Comments would be appreciated. Cheers!


----------



## ds514 (Dec 28, 2009)

Matter of taste I think. My favourite right now is a super thick, beat up, burned, scratched, embossed WWII ammo strap from this apparently-insane maker in France. Can't imagine using the OEM at this point.

It obviously depends on how you wear the watch.
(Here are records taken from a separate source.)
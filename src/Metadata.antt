-- ===== src/Metadata.antt =====
-- The kernel metadata of a device image: src/corex_metadata.c.
pub mod Text
pub mod Reader
pub mod Module
pub mod Image
mod Tests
If you are aiming to dress it up, the ammo straps will not suit you well.


----------



## handwound (Feb 11, 2006)

My "sweet spot" for straps is right around 4mm thick. 5mm starts approaching too thick for my tastes and 3mm is too thin (another reason I'm not a fan of the OEM calf straps).


----------



## skyworker (Aug 27, 2007)

handwound said:


> My "sweet spot" for straps is right around 4mm thick. 5mm starts approaching too thick for my tastes and 3mm is too thin (another reason I'm not a fan of the OEM calf straps).


I guess it depends on your particular Pam. The 024 and a 5mm strap matches well IMHOs. Due to the brand's military/special ops pedigree, a thick strap probably made sense when these watches were designed. Today, as a high end brand, a thick strap might not be so aesthetically pleasing with some of the "dressier models". I really doubt that any navy today is issuing Panerais to their comandos. For me, Panerai's military history and rugged designs may be why I'm so infatuated with the brand.:-!Cheers, Sky.


----------



## handwound (Feb 11, 2006)

For me it's not really much about the aesthetic, it's about comfort. Even buttery soft 5+mm straps are 11+mm at the buckle area where the ends overlap and are covered with strap keepers. I just find that to be borderline uncomfortable on the inside of my wrist.
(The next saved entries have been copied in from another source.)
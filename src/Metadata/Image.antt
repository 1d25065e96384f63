-- ===== src/Metadata/Image.antt =====
-- `corex_parse_metadata` of src/corex_metadata.c: the metadata note of an ELF image. The tests for null
-- pointers and the error texts are left out. A size_t has 64 bits.
pub mod Safety
pub mod Kernels
use x_remote_runtime.Prelude.{
  ℕ, zero, suc, ◌+◌, ◌-◌, ◌*◌, ◌/◌, ◌%◌, ◌^◌, List, [], ◌∷◌, ◌++◌, Bool, false, not, ◌==◌, ◌&&◌,
  ◌||◌, ltb, leb, if◌then◌else◌, length, Option, none, some,
}
use x_remote_runtime.Bytes.{
  Outcome, fault, reject, accept, ◌>>=◌, ◌>>◌, check, rd, rd16, rd32, rd64, rd_bytes,
}
use x_remote_runtime.Metadata.Text.{codes, same_bytes, strcmp_equal}
use x_remote_runtime.Metadata.Module.{
  ArgKind, unknown, global_buffer, by_value, KernelMeta, ModuleMeta, parse_root_metadata,
}

-- `(value + 3) & ~3`.
unfoldable pub align4 : ℕ → ℕ
align4 value = (value + 3) / 4 * 4

unfoldable pub safe_range : ℕ → ℕ → ℕ → Outcome (Unit {0})
safe_range total offset size = do
  check (not (ltb total offset))
  check (not (ltb (total - offset) size))

pub record Section : Type 0 where
  pub name_offset : ℕ
  pub section_offset : ℕ
  pub section_size : ℕ

unfoldable pub get_section : List ℕ → ℕ → ℕ → ℕ → Outcome Section
get_section image shoff shentsize index =
    let off = (shoff + index * shentsize) % 2 ^ 64 in
    do
      safe_range (length image) off shentsize
      name_offset ← rd32 image off
      section_offset ← rd64 image (off + 24)
      section_size ← rd64 image (off + 32)
      safe_range (length image) section_offset section_size
      accept (record {
        name_offset = name_offset;
        section_offset = section_offset;
        section_size = section_size;
      })

-- `wanted` is a literal, without its NUL.
unfoldable pub section_name_equals : List ℕ → ℕ → List ℕ → Outcome Bool
section_name_equals names name_offset wanted =
    if leb (length names) name_offset
    then accept false
    else if ltb (length names - name_offset) (length wanted + 1)
    then accept false
    else do
      s ← rd_bytes (length wanted + 1) names name_offset
      accept (same_bytes s (wanted ++ 0 ∷ []))

-- The loop over the sections from the `i`-th on, of which `n` are left.
unfoldable pub find_note_section : List ℕ → List ℕ → ℕ → ℕ → ℕ → ℕ → Outcome Section
find_note_section image names shoff shentsize i zero = reject
find_note_section image names shoff shentsize i (suc n) = do
  section ← get_section image shoff shentsize i
  is_note ← section_name_equals names section.name_offset (codes ".note")
  if is_note then accept section else find_note_section image names shoff shentsize (suc i) n

-- `namesz >= 8 && memcmp(owner, "Iluvatar", 8) == 0`.
unfoldable pub owner_is_iluvatar : ℕ → List ℕ → ℕ → Outcome Bool
owner_is_iluvatar namesz notes owner =
    if ltb namesz 8
    then accept false
    else do s ← rd_bytes 8 notes owner; accept (same_bytes s (codes "Iluvatar"))

-- The note that is looked for, and whose description is `descsz` bytes at `desc`.
unfoldable pub parse_note : List ℕ → ℕ → ℕ → Outcome ModuleMeta
parse_note notes desc descsz = do
  bytes ← rd_bytes descsz notes desc
  m ← parse_root_metadata bytes
  check (not (length m.kernels == 0))
  accept m

-- A note after its three words. `next` is what the loop does at a later position.
unfoldable pub note_at : (ℕ → Outcome ModuleMeta) → List ℕ → ℕ → ℕ → ℕ → ℕ → Outcome ModuleMeta
note_at next notes owner namesz descsz type = do
  check (leb (align4 namesz) (length notes - owner))
  let desc = owner + align4 namesz
  check (leb (align4 descsz) (length notes - desc))
  is_iluvatar ← owner_is_iluvatar namesz notes owner
  if is_iluvatar && type == 10 then parse_note notes desc descsz else next (desc + align4 descsz)

-- The loop over the notes, on fuel. Running out of it is also a `fault`.
unfoldable pub find_metadata_note : ℕ → List ℕ → ℕ → Outcome ModuleMeta
find_metadata_note zero notes pos = fault
find_metadata_note (suc fuel) notes pos = if ltb (length notes) (pos + 12) then reject else do
  namesz ← rd32 notes pos
  descsz ← rd32 notes (pos + 4)
  type ← rd32 notes (pos + 8)
  note_at (find_metadata_note fuel notes) notes (pos + 12) namesz descsz type

-- From the fields of the ELF header on.
unfoldable pub parse_sections : List ℕ → ℕ → ℕ → ℕ → ℕ → Outcome ModuleMeta
parse_sections image shoff shentsize shnum shstrndx = do
  check (not (ltb shentsize 64 || shnum == 0 || leb shnum shstrndx))
  safe_range (length image) shoff (shentsize * shnum)
  shstr ← get_section image shoff shentsize shstrndx
  names ← rd_bytes shstr.section_size image shstr.section_offset
  note ← find_note_section image names shoff shentsize 0 shnum
  notes ← rd_bytes note.section_size image note.section_offset
  find_metadata_note (suc (length notes)) notes 0

unfoldable pub corex_parse_metadata : List ℕ → Outcome ModuleMeta
corex_parse_metadata image = do
  check (not (ltb (length image) 64))
  magic ← rd_bytes 4 image 0
  check (same_bytes magic (127 ∷ codes "ELF"))
  class ← rd 1 image 4
  check (class == 2)
  encoding ← rd 1 image 5
  check (encoding == 1)
  shoff ← rd64 image 40
  shentsize ← rd16 image 58
  shnum ← rd16 image 60
  shstrndx ← rd16 image 62
  parse_sections image shoff shentsize shnum shstrndx

unfoldable pub find_named : List KernelMeta → List ℕ → Option KernelMeta
find_named [] kernel_name = none
find_named (k ∷ kernels) kernel_name =
    let rest = find_named kernels kernel_name in
    if strcmp_equal k.name kernel_name then some k else rest

unfoldable pub corex_find_kernel_meta : ModuleMeta → List ℕ → Option KernelMeta
corex_find_kernel_meta m kernel_name = find_named m.kernels kernel_name

unfoldable pub corex_meta_arg_kind_name : ArgKind → List ℕ
corex_meta_arg_kind_name global_buffer = codes "global_buffer"
corex_meta_arg_kind_name by_value = codes "by_value"
corex_meta_arg_kind_name unknown = codes "unknown"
Anything much thinner than 4mm seems overpowered by the watch case to me, but anything much thicker than 5mm starts to get uncomfortable for me.

Glad to hear you like your strap on your 024, though!


----------



## link2derek (Jul 8, 2008)

My rule of thumb is that the cost of the strap should be about 5-10% of the cost of the watch. So, for a $4000 watch, I don't feel bad spending $200+. For a $500 watch, however, I keep it under $50.

And I agree that 4-5mm seems just about right on any watch with a little bit of thickness.

I have picked up some of my favs from StrapCulture and Panatime.


----------



## canwatchco (Mar 30, 2009)

One of the ammo straps that I received in trade is a Sandave. Nice color and texture, but it is so thick at the lug ends, that I can't move it once installed! I have a Micah one that is better, but overall I am disappointed with them. Its not just the thickness, but the way it fits the watch as well.


----------



## handwound (Feb 11, 2006)

That is another downside to thick straps, canwatchco. The fix for that is to have the strap maker skiv the lug ends thinner, or only get 3 layer straps for *really* thick straps.

Is that what you're talking about when you say the "fit"? That they're too thick and bind against the case?


----------



## canwatchco (Mar 30, 2009)

Yes, you've got it. Very tough to install, and then once in, it won't rotate. Since this strap was made for 24mm Panerais I find it bizarre that it doesn't fit. Especially from such a well known supplier.


----------



## CorruptedSanity (Jun 24, 2009)

I dislike ammo straps. I had a Rob Montana V1 and gifted it. 
I prefer alligator straps and have 6 of them and 1 black alcantara. 

I am looking for a smooth texture strap though,perhaps a calf leather in plum. 

But no ammos for me buuuUuuuuut if I were ever to get one. It would be a Micah (brindle I think).


----------



## handwound (Feb 11, 2006)

What watch are you trying to fit it to, canwatch? I had a one of Micah's straps on my wife's PAM048 and it fit just fine...


----------



## Feyd (Nov 19, 2008)

+1 on the crazy horse.

I've got a GSD strap and love it... actually wearing it right now.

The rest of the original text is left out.